▸ **What to do**: Look through the records below, and whenever a line contains "KeepsPhase", copy it.

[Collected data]
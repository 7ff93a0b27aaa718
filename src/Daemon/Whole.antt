-- ===== src/Daemon/Whole.antt =====
-- The reconciler of the daemon as a whole: what it leaves of the phase, the migration and the node.
use ch_vmm.Prelude.{
  ◌≡◌, refl, sym, subst, inl, inr, Bool, true, false, ◌∷◌, Option, none, some, if◌then◌else◌,
  str_eq, arith,
}
use ch_vmm.Controller.Program.{
  Answer, Answer-cases, done, not_found, already_exists, conflict, Result, Program, return,
  return-Keeps, Keeps-Changes, then-Changes, bind-Changes, if-Changes, bind-Keeps,
}
use ch_vmm.Controller.Machine.{PodPhase}
use ch_vmm.Daemon.{Vm, Status, Phase, Migration, Pod, Server, Node, State, get_vm, get_pod}
use ch_vmm.Daemon.Frame.{Frames, fail-Frames, event-Frames, get_status-Frames}
use ch_vmm.Daemon.Frame.Mounted.{cleanup-Frames}
use ch_vmm.Daemon.Phases.{reconcile_serving, reconcile_running, reconcile_phase}
use ch_vmm.Daemon.Reconcile.{
  is_mine, deleted_if, delete_if, delete_vm, reconcile_deleting, with_pod, ch_reconcile, conclude,
  report, found_vm, reconcile,
}
use ch_vmm.Daemon.Steps.{
  Step, stay, remove, phase_in, Goes, Frames-Goes, set_phase-Goes, ask-Frames, restoring-Goes,
  scheduled-Goes, reconcile_paused-Frames, resumed-Goes, resizing-Goes, serving-Goes, if_here-Goes,
}
use ch_vmm.Daemon.Migrate.{migrate}
use ch_vmm.Daemon.Handover.{migrate-KeepsPhase}

-- The state in which the daemon has read a machine and its pod.
abbrev pub read : State → State
read (m, t) = (m, get_pod m.status.pod_name ∷ get_vm ∷ t)

module _ (server : Server) (node : Node) (vm : Vm) (R : Status → Status → Type 0)
    (same : (x : Status) → R x x) (s : State)
    (work : (pod : Pod)
      → R s.0.status (reconcile_phase server node vm s.0.status.phase pod (read s)).1.0.status)
    (removal : (pod : Pod)
      → vm.deleting ≡ true
      → R s.0.status (reconcile_deleting server node vm pod (read s)).1.0.status) where
  if_relates :
      {A : Type 0} (m k : Program State A) (b : Bool) (s' : State)
      → (b ≡ true → R s.0.status (m s').1.0.status)
      → (b ≡ false → R s.0.status (k s').1.0.status)
      → R s.0.status ((if b then m else k) s').1.0.status
  if_relates m k true s' h h' = h refl
  if_relates m k false s' h h' = h' refl

  with_pod_relates :
      (a : Answer × Pod) → R s.0.status (with_pod server node vm a (read s)).1.0.status
  unfolding with_pod
  with_pod_relates (done, pod) =
      if_relates _ _ vm.deleting (read s)
        (λ d.
          if_relates _ _ (str_eq s.0.status.node_name node.name) (read s) (λ _. removal pod d)
            (λ _. same s.0.status))
        (λ _. work pod)
  with_pod_relates (not_found, pod) = same s.0.status
  with_pod_relates (already_exists, pod) = same s.0.status
  with_pod_relates (conflict, pod) = same s.0.status
  with_pod_relates (Answer.failed, pod) = same s.0.status

  ch_reconcile_relates : R s.0.status (ch_reconcile server node vm (s.0, get_vm ∷ s.1)).1.0.status
  unfolding ch_reconcile
  ch_reconcile_relates =
      if_relates _ _ (is_mine node s.0.status) (s.0, get_vm ∷ s.1)
        (λ _.
          with_pod_relates
            (server.answer (get_vm ∷ s.1) (get_pod s.0.status.pod_name), server.pod (get_vm ∷ s.1)))
        (λ _. same s.0.status)

  report_status :
      (r : Result (Unit {0})) (s' : State) → (report server node vm r s').1.0.status ≡ s'.0.status
  unfolding report conclude
  report_status r s' = ground arith

  -- A relation of the status before and after a call holds if it does for the work on the machine,
  -- and for that on one that is being deleted.
  pub reconcile_relates : R s.0.status (reconcile server node vm s).1.0.status
  unfolding reconcile found_vm
  reconcile_relates = elim (Answer-cases (server.answer s.1 get_vm)) [
    | inl e ↦ rw e (
        let r = ch_reconcile server node vm (s.0, get_vm ∷ s.1) in
        subst (λ x. R s.0.status x) (sym (report_status r.0 r.1)) ch_reconcile_relates)
    | inr (inl e) ↦ rw e (same s.0.status)
    | inr (inr (inl e)) ↦ rw e (same s.0.status)
    | inr (inr (inr (inl e))) ↦ rw e (same s.0.status)
    | inr (inr (inr (inr e))) ↦ rw e (same s.0.status)
  ]

module _ (server : Server) (node : Node) (vm : Vm) where
  pub delete_if-Frames : (p : PodPhase) (b : Bool) → Frames (delete_if server node vm p b)
  unfolding delete_if deleted_if
  delete_if-Frames PodPhase.running true = return-Keeps tt
  delete_if-Frames PodPhase.running false = bind-Keeps (ask-Frames server node vm _) at_answer
    where
      at_answer : (a : Answer) → Frames (deleted_if server node vm a)
      at_answer done = event-Frames _
      at_answer not_found = event-Frames _
      at_answer already_exists = fail-Frames _
      at_answer conflict = fail-Frames _
      at_answer Answer.failed = fail-Frames _
  delete_if-Frames PodPhase.pending b = return-Keeps tt
  delete_if-Frames PodPhase.succeeded b = return-Keeps tt
  delete_if-Frames PodPhase.failed b = return-Keeps tt
  delete_if-Frames PodPhase.unknown b = return-Keeps tt

  running-Goes :
      (d : Bool) (pod : Pod) → Goes d Phase.running (reconcile_running server node vm pod)
  unfolding reconcile_running
  running-Goes d pod =
      bind-Changes (Frames-Goes d _ get_status-Frames) (λ s. at_migration s s.migration)
    where
      at_migration :
          (s : Status) (o : Option Migration)
          → Goes d Phase.running (elim o [
            | some m ↦ migrate server node vm m pod
            | none ↦
                if str_eq s.node_name node.name then reconcile_serving server node vm else return tt
          ])
      at_migration s (some m) = Keeps-Changes (migrate-KeepsPhase server node vm m pod)
      at_migration s none =
          if-Changes (str_eq s.node_name node.name) (serving-Goes server node vm d)
            (Frames-Goes d _ (return-Keeps tt))

  reconcile_phase-Goes :
      (d : Bool) (p : Phase) (pod : Pod) → Goes d p (reconcile_phase server node vm p pod)
  unfolding reconcile_phase
  reconcile_phase-Goes d Phase.restoring pod = restoring-Goes server node vm d
  reconcile_phase-Goes d Phase.scheduled pod = scheduled-Goes server node vm d
  reconcile_phase-Goes d Phase.paused pod =
      if_here-Goes server node vm d _ (Frames-Goes d _ (reconcile_paused-Frames server node vm))
  reconcile_phase-Goes d Phase.resumed pod =
      if_here-Goes server node vm d _ (resumed-Goes server node vm d)
  reconcile_phase-Goes d Phase.resizing pod =
      if_here-Goes server node vm d _ (resizing-Goes server node vm d)
  reconcile_phase-Goes d Phase.running pod = running-Goes d pod
  reconcile_phase-Goes d Phase.succeeded pod = Frames-Goes d _ (cleanup-Frames server node vm)
  reconcile_phase-Goes d Phase.failed pod = Frames-Goes d _ (cleanup-Frames server node vm)
  reconcile_phase-Goes d Phase.snapshotting pod = Frames-Goes d _ (return-Keeps tt)
  reconcile_phase-Goes d Phase.other pod = Frames-Goes d _ (return-Keeps tt)

  deleting-Goes :
      (p : Phase) (pod : Pod)
      → vm.deleting ≡ true
      → Goes vm.deleting p (reconcile_deleting server node vm pod)
  unfolding reconcile_deleting delete_vm
  deleting-Goes p pod d = then-Changes (Frames-Goes _ p (delete_if-Frames pod.phase pod.deleting)) (
      then-Changes (set_phase-Goes _ p Phase.succeeded (remove d))
        (Frames-Goes _ p (cleanup-Frames server node vm)))

  Goes-Step :
      (d : Bool) {m : Program State (Unit {0})} (s : State)
      → Goes d (phase_in s) m
      → Step d (phase_in s) (phase_in (m s).1)
  Goes-Step d s h = elim (h.changed s) [
    | inl e ↦ subst (λ x. Step d (phase_in s) x) (sym e) stay
    | inr st ↦ st
  ]

  -- Whatever the server, the hypervisor and the host answer, and however the call ends, one call of
  -- the daemon's reconciler changes the phase of a machine only along the steps: a scheduled machine
  -- is restored or runs, is paused or fails; one that is restored is resumed, one that is resumed or
  -- resized runs, one that runs ends, and any ends that is being deleted.
  pub daemon-reconcile-Step :
      (s : State) → Step vm.deleting s.0.status.phase (phase_in (reconcile server node vm s).1)
  daemon-reconcile-Step s =
      reconcile_relates server node vm (λ x y. Step vm.deleting x.phase y.phase) (λ x. stay) s
        (λ pod. Goes-Step vm.deleting (read s) (reconcile_phase-Goes vm.deleting (phase_in s) pod))
        (λ pod d. Goes-Step vm.deleting (read s) (deleting-Goes (phase_in s) pod d))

▸ **Written response**:
use ch_vmm.Daemon.Handover.{migrate-KeepsPhase}
      at_migration s (some m) = Keeps-Changes (migrate-KeepsPhase server node vm m pod)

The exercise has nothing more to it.